**WHAT YOU HAVE TO DO:**
Begin at the line containing "(del_from-append info rest k a)" in the entries below and end at the line containing "unqueue_first g later"; transcribe that range exactly and nothing outside it.

**EXTRACTED ENTRIES:**
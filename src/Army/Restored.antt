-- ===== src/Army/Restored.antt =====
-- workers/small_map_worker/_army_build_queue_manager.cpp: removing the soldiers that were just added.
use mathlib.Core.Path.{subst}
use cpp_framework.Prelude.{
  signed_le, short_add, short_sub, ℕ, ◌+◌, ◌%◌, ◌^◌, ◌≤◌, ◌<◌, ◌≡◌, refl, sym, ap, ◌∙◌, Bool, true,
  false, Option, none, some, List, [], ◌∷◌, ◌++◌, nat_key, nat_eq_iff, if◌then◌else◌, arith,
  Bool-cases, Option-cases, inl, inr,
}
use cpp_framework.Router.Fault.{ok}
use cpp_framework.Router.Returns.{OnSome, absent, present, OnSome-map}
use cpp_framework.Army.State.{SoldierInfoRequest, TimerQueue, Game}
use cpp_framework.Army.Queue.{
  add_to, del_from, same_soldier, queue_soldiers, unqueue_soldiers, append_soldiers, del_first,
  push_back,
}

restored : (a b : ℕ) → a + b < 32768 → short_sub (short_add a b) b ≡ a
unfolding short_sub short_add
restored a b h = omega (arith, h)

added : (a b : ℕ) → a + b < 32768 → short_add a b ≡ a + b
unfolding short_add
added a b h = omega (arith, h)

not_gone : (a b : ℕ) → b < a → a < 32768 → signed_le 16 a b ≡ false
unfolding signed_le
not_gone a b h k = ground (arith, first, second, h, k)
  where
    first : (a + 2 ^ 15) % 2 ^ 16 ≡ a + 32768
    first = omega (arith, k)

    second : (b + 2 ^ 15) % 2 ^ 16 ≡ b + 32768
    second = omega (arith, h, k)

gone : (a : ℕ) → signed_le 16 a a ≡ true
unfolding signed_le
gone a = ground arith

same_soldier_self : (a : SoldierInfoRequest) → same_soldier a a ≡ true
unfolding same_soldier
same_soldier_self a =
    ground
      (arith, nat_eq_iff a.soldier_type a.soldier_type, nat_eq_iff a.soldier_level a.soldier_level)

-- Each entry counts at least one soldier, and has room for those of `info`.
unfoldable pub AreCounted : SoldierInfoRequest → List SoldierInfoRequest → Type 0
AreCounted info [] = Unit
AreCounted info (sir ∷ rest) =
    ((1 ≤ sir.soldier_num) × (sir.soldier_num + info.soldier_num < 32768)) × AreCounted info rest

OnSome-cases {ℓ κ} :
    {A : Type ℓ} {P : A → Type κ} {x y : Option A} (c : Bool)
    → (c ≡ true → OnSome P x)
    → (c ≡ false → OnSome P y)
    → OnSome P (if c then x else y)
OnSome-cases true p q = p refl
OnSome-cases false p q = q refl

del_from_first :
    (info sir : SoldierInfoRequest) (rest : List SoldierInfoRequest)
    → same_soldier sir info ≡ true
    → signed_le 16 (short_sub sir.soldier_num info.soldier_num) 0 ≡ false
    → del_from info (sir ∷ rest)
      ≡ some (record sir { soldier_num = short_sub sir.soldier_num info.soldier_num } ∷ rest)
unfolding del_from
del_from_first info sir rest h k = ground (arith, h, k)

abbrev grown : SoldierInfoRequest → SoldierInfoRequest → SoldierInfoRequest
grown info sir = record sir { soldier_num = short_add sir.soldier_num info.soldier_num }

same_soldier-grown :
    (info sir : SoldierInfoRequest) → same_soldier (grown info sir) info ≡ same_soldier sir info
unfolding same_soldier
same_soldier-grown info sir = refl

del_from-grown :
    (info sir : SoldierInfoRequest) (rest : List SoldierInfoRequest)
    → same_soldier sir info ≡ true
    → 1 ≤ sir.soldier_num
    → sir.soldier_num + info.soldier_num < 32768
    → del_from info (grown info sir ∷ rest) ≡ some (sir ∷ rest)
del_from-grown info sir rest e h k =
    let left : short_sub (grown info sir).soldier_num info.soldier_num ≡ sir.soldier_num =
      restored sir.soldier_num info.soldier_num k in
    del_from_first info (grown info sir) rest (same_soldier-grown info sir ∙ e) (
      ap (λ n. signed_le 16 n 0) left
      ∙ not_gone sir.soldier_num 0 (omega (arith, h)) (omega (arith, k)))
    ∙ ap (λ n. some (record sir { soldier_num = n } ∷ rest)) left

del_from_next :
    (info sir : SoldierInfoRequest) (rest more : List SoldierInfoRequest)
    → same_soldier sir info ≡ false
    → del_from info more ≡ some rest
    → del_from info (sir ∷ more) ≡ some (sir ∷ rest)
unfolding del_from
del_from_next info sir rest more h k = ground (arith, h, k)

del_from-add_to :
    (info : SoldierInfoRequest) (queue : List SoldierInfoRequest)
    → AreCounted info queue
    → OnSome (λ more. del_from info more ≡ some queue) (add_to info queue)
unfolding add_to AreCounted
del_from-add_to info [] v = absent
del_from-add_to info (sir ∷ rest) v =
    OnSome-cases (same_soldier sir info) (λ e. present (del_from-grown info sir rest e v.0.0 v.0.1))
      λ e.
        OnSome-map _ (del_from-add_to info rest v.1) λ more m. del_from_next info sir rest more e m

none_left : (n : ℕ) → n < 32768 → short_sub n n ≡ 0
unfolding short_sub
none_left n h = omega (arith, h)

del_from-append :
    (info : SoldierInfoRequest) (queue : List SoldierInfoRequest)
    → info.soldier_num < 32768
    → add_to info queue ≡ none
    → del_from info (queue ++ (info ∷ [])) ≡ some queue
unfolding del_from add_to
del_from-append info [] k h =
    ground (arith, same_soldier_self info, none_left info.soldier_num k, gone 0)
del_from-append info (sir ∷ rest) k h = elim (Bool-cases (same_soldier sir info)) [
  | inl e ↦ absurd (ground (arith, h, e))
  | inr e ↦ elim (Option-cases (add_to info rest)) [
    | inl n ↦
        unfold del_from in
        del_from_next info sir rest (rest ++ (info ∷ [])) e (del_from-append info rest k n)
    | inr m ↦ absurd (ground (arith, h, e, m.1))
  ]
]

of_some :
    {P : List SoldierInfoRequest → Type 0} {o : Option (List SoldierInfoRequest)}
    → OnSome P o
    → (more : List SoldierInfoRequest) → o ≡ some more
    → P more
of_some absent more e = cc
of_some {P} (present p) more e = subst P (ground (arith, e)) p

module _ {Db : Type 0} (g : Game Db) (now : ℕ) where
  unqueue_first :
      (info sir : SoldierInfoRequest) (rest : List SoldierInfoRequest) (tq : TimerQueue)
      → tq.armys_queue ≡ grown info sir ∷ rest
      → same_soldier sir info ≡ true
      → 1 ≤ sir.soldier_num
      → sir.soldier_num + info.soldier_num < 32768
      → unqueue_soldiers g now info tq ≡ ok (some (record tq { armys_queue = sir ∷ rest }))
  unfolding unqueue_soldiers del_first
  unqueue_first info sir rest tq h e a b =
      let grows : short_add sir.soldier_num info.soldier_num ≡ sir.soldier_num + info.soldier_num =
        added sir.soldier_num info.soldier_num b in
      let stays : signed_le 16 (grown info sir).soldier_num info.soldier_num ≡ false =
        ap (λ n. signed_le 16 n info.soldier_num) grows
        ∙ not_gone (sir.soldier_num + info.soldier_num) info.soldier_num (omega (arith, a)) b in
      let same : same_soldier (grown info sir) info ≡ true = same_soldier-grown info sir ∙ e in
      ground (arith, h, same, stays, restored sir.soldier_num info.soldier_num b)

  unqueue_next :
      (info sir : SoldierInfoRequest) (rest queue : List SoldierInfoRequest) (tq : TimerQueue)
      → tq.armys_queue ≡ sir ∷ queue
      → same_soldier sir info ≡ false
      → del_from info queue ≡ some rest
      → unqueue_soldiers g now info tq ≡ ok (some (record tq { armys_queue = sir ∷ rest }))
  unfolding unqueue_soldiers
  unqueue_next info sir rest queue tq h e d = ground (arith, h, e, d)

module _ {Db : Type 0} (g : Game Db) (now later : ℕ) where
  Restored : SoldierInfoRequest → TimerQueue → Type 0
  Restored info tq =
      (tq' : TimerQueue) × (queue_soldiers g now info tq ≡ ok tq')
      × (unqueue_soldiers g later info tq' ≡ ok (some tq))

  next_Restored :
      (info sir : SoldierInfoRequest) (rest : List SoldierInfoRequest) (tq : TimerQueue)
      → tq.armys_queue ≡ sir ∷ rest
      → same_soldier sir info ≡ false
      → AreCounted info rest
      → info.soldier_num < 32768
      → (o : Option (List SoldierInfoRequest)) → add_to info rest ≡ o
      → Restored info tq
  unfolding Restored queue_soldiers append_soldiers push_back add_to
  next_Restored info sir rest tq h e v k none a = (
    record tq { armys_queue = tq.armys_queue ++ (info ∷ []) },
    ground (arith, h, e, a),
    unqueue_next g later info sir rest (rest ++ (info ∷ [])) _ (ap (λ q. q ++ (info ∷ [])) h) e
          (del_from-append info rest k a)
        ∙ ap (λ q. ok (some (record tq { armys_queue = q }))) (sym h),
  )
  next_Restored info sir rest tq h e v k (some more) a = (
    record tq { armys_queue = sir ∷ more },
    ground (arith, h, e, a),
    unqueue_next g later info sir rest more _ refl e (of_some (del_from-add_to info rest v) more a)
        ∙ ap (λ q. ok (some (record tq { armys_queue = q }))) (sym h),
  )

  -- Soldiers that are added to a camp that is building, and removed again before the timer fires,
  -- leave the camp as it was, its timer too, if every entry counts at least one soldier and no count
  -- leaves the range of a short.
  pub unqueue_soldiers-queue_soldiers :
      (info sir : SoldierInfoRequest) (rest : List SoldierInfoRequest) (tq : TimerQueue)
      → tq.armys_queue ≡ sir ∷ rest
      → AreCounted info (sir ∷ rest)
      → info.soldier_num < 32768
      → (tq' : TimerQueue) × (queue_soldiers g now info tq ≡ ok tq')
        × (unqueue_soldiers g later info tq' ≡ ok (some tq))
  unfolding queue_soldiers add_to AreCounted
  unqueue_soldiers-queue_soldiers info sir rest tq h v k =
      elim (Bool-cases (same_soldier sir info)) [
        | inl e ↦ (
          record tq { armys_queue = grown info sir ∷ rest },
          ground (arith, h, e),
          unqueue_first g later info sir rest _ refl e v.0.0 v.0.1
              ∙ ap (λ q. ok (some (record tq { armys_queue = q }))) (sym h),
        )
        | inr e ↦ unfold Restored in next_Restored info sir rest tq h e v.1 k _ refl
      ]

**WRITTEN RESPONSE:**
          (del_from-append info rest k a)
        ∙ ap (λ q. ok (some (record tq { armys_queue = q }))) (sym h),
  )
  next_Restored info sir rest tq h e v k (some more) a = (
    record tq { armys_queue = sir ∷ more },
    ground (arith, h, e, a),
    unqueue_next g later info sir rest more _ refl e (of_some (del_from-add_to info rest v) more a)
        ∙ ap (λ q. ok (some (record tq { armys_queue = q }))) (sym h),
  )

  -- Soldiers that are added to a camp that is building, and removed again before the timer fires,
  -- leave the camp as it was, its timer too, if every entry counts at least one soldier and no count
  -- leaves the range of a short.
  pub unqueue_soldiers-queue_soldiers :
      (info sir : SoldierInfoRequest) (rest : List SoldierInfoRequest) (tq : TimerQueue)
      → tq.armys_queue ≡ sir ∷ rest
      → AreCounted info (sir ∷ rest)
      → info.soldier_num < 32768
      → (tq' : TimerQueue) × (queue_soldiers g now info tq ≡ ok tq')
        × (unqueue_soldiers g later info tq' ≡ ok (some tq))
  unfolding queue_soldiers add_to AreCounted
  unqueue_soldiers-queue_soldiers info sir rest tq h v k =
      elim (Bool-cases (same_soldier sir info)) [
        | inl e ↦ (
          record tq { armys_queue = grown info sir ∷ rest },
          ground (arith, h, e),
          unqueue_first g later info sir rest _ refl e v.0.0 v.0.1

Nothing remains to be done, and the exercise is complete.